■ Your assignment ■
Transcribe word for word the lines below from the line with "rescored : Map" through the line with "d seen cs) i", ends included.

==== Task inputs

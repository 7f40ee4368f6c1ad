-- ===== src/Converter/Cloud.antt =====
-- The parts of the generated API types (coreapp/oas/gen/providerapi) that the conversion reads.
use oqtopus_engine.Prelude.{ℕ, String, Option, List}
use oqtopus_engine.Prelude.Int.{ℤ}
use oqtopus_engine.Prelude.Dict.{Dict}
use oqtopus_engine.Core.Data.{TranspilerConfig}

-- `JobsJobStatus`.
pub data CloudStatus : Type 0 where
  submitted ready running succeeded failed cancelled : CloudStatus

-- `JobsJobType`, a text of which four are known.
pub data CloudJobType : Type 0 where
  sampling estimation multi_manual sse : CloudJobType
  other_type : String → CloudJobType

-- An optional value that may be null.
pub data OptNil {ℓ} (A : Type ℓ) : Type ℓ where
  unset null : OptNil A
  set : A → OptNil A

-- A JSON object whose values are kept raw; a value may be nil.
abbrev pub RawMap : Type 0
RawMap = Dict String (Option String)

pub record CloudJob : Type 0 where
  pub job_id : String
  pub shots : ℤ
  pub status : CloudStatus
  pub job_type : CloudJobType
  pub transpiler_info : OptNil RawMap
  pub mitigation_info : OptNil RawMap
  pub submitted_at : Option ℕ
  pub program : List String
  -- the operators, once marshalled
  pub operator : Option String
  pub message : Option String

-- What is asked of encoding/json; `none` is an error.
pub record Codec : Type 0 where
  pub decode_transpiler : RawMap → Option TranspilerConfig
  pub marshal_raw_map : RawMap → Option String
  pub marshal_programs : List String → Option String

========
==== Task inputs

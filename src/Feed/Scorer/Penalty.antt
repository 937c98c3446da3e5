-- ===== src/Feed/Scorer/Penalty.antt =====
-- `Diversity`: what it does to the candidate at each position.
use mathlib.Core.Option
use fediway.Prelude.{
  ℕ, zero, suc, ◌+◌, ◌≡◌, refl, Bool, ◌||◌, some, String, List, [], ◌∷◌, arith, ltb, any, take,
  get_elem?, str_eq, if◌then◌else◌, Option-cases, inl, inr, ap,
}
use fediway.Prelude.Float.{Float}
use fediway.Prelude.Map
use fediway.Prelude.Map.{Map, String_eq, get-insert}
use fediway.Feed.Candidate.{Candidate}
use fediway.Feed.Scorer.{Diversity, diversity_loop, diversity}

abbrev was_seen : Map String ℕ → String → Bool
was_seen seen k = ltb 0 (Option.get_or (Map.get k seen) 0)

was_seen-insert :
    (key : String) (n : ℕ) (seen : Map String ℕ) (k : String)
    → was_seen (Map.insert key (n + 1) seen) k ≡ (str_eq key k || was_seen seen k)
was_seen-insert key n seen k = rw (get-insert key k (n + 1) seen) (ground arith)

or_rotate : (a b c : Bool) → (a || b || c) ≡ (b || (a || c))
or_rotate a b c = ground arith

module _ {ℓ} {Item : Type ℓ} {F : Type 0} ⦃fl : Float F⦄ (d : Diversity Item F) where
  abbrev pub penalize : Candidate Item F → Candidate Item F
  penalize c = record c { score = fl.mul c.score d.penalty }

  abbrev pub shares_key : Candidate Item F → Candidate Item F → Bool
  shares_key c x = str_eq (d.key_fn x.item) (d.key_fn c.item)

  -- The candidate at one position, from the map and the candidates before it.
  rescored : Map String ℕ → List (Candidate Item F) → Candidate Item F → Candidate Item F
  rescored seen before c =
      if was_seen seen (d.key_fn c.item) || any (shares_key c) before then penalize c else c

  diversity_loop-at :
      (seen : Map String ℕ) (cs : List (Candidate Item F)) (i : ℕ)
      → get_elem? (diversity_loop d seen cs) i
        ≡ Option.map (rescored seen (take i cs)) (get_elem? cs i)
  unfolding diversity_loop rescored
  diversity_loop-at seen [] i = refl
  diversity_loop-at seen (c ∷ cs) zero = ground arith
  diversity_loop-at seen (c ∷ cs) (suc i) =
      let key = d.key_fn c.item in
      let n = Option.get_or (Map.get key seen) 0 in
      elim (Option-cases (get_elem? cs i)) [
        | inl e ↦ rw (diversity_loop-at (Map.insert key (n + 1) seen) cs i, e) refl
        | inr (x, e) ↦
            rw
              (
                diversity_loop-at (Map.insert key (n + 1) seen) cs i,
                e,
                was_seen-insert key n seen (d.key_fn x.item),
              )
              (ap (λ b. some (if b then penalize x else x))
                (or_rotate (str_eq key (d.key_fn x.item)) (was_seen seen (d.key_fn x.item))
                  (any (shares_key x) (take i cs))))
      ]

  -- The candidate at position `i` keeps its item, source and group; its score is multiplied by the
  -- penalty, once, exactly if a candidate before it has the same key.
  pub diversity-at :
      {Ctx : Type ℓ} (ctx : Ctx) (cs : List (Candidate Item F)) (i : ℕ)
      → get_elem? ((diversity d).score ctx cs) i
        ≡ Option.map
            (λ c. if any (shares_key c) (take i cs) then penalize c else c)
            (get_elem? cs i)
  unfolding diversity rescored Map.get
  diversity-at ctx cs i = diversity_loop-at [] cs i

========
==== Task inputs

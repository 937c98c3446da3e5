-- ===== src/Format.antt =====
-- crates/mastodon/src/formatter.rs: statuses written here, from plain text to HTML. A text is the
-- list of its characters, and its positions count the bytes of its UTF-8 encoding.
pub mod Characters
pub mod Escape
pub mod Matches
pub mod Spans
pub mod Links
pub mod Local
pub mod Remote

========

■ Output of the exercise ■
  rescored : Map String ℕ → List (Candidate Item F) → Candidate Item F → Candidate Item F
  rescored seen before c =
      if was_seen seen (d.key_fn c.item) || any (shares_key c) before then penalize c else c

  diversity_loop-at :
      (seen : Map String ℕ) (cs : List (Candidate Item F)) (i : ℕ)
      → get_elem? (diversity_loop d seen cs) i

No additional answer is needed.